I always get to the point where i think there's nothing left for me to buy then something lese comes out that i need. it has to slow down one day


----------



## Five Star (Jan 15, 2009)

I'm gonna replace the dinette table with my mft3


----------



## The Coastal Craftsman (Jun 29, 2009)

Five Star said:


> Damn BC what are you building over there ?
> 
> After my divorce I can finally bring tools home and put them on the kitchen table !!
> 
> ...


Im building a new storage warehouse for all the crap i buy from amazon :thumbsup:

I carry the CT33 and the CT26 at all times in the trailer. im about to conect up a vac system on them so that i can run the table saw and chop saw right in the trailer for small stuff. cant beat having 2 vacs as one always gets tied up on the kapex.


----------



## jiffy (Oct 21, 2007)

I understand if the local place overcharges. But, remember why they keep closing shop if everyone buys off of the net. There is usually at least one local place that will be reasonable.


----------



## Joining_heads (Mar 4, 2008)

I buy most consumable items off Amazon. I love the titanium edge lenox knife blades and Amazon frequently has a 100 pack dip below $30. Same for bits. The titanium Bosch bits are great- i will happily pay a bit more for 10 of the bosch then the 25 packs of dewalt and irwin. They grip better and last longer in an impact driver. Longer than the Dewalt Impact tought stuff or what ever IMO. 

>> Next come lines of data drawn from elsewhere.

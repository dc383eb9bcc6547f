-- ===== src/Node.antt =====
-- js/node: what a node keeps.
pub mod Retention
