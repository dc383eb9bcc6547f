-- ===== src/Node/Retention.antt =====
-- js/node/retention_policy.mjs: the events of the consensus branch that a node keeps. `byId` is the
-- graph of js/governance/branch.mjs, with the walls of its clocks beside it.
pub mod Kept
pub mod Seeds
use fount_p2p.Base.{
  ℕ, zero, suc, ◌+◌, ◌-◌, Option, none, some, List, [], ◌∷◌, ◌++◌, Bool, true, false, leb, ltb,
  ◌==◌, if◌then◌else◌, ◌&&◌, ◌||◌, not, length, drop, keep_if,
}
use mathlib.Core.List.{reverse}
use fount_p2p.Base.JsMap.{get}
use fount_p2p.Core.HexIds.{Text, text_dec, contains, dedupe}
use fount_p2p.Governance.Branch.{
  Event, Graph, parents, edge_count, authz_fold_order_ids, descendant_closure_from_tip,
}

pub record Policy : Type 0 where
  pub max_depth : ℕ
  pub cutoff_wall : ℕ
  pub anchor_types : Text → Bool
  pub checkpoint_tip_id : Option Text
  pub branch_tip_id : Option Text

-- The checkpoint's descendants on the branch.
abbrev pub checkpoint_ids : List Text → Graph → Option Text → List Text
checkpoint_ids branch g none = []
checkpoint_ids branch g (some tip) =
    if not (length tip == 0) && contains tip branch
    then keep_if (λ id. contains id branch) (descendant_closure_from_tip tip g)
    else []

abbrev pub is_anchor : (Text → Bool) → Option Event → Bool
is_anchor anchor_types none = false
is_anchor anchor_types (some e) = anchor_types e.kind

-- The last anchor, looked for from the end: the first of the reversed order.
unfoldable pub first_anchor : (Text → Bool) → Graph → List Text → List Text
first_anchor anchor_types g [] = []
first_anchor anchor_types g (id ∷ ids) =
    let rest = first_anchor anchor_types g ids in
    if is_anchor anchor_types (get text_dec id g) then id ∷ [] else rest

-- `slice(-n)`, which is all of the list for 0.
abbrev pub slice_last : ℕ → List Text → List Text
slice_last n xs = if n == 0 then xs else drop (length xs - n) xs

unfoldable pub ancestor_seeds : (Text → ℕ) → Graph → Policy → List Text → List Text
ancestor_seeds wall g policy branch = dedupe [] (
    first_anchor policy.anchor_types g (reverse branch)
    ++ keep_if (λ id. leb policy.cutoff_wall (wall id)) branch
    ++ (if ltb policy.max_depth (length branch) then slice_last policy.max_depth branch else []))

abbrev pub parents_on : List Text → Option Event → List Text
parents_on branch none = []
parents_on branch (some e) = keep_if (λ p. contains p branch) (parents e)

-- The loop, on fuel. The stack's top is the head of its list.
unfoldable pub keep_from : List Text → Graph → ℕ → List Text → List Text → List Text
keep_from branch g zero stack keep = keep
keep_from branch g (suc fuel) [] keep = keep
keep_from branch g (suc fuel) (id ∷ stack) keep =
    elim (length id == 0 || not (contains id branch) || contains id keep) [
      | true ↦ keep_from branch g fuel stack keep
      | false ↦
          keep_from branch g fuel (reverse (parents_on branch (get text_dec id g)) ++ stack)
            (keep ++ id ∷ [])
    ]

abbrev pub keep_fuel : List Text → Graph → List Text → ℕ
keep_fuel branch g seeds = length seeds + edge_count (λ id. parents_on branch (get text_dec id g)) g

abbrev pub or_all : List Text → List Text → List Text
or_all branch [] = dedupe [] branch
or_all branch (id ∷ keep) = id ∷ keep

unfoldable pub compute_retention_keep_ids : (Text → ℕ) → List Text → Graph → Policy → List Text
compute_retention_keep_ids wall order g policy =
    let branch = authz_fold_order_ids order g policy.branch_tip_id in
    let seeds = ancestor_seeds wall g policy branch in
    if length branch == 0
    then []
    else or_all branch (
        keep_from branch g (keep_fuel branch g seeds) (reverse seeds)
          (checkpoint_ids branch g policy.checkpoint_tip_id))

I load my frequent purchases into the cart and wait for the prices to go down. Or I just by them if I'm running low. 

I just order 3 wera 1/4 drivers for $5 the other day. Cant beat that.

If worse comes to worse and I need something now... I live 10 minutes from 7corners hardware:thumbup: Best store ever.


----------



## Joining_heads (Mar 4, 2008)

Five Star said:


> Damn BC what are you building over there ?
> 
> After my divorce I can finally bring tools home and put them on the kitchen table !!
> 
> ...


I've got a similar thing going. Gave the girlfriend of 7 years the boot and now I get to put stuff where I want to work on it and watch the MN Twins lose (dammit) @ the same time.


----------



## ApgarNJ (Apr 16, 2006)

[email protected] said:


> I buy most consumable items off Amazon. I love the titanium edge lenox knife blades and Amazon frequently has a 100 pack dip below $30. Same for bits. The titanium Bosch bits are great- i will happily pay a bit more for 10 of the bosch then the 25 packs of dewalt and irwin. They grip better and last longer in an impact driver. Longer than the Dewalt Impact tought stuff or what ever IMO.
> 
> I load my frequent purchases into the cart and wait for the prices to go down. Or I just by them if I'm running low.
> 
> ...


Lenox gold are great blades. I bought a 50 pack for 19 at HD, but the amazon with free shipping is even better for 100 of them.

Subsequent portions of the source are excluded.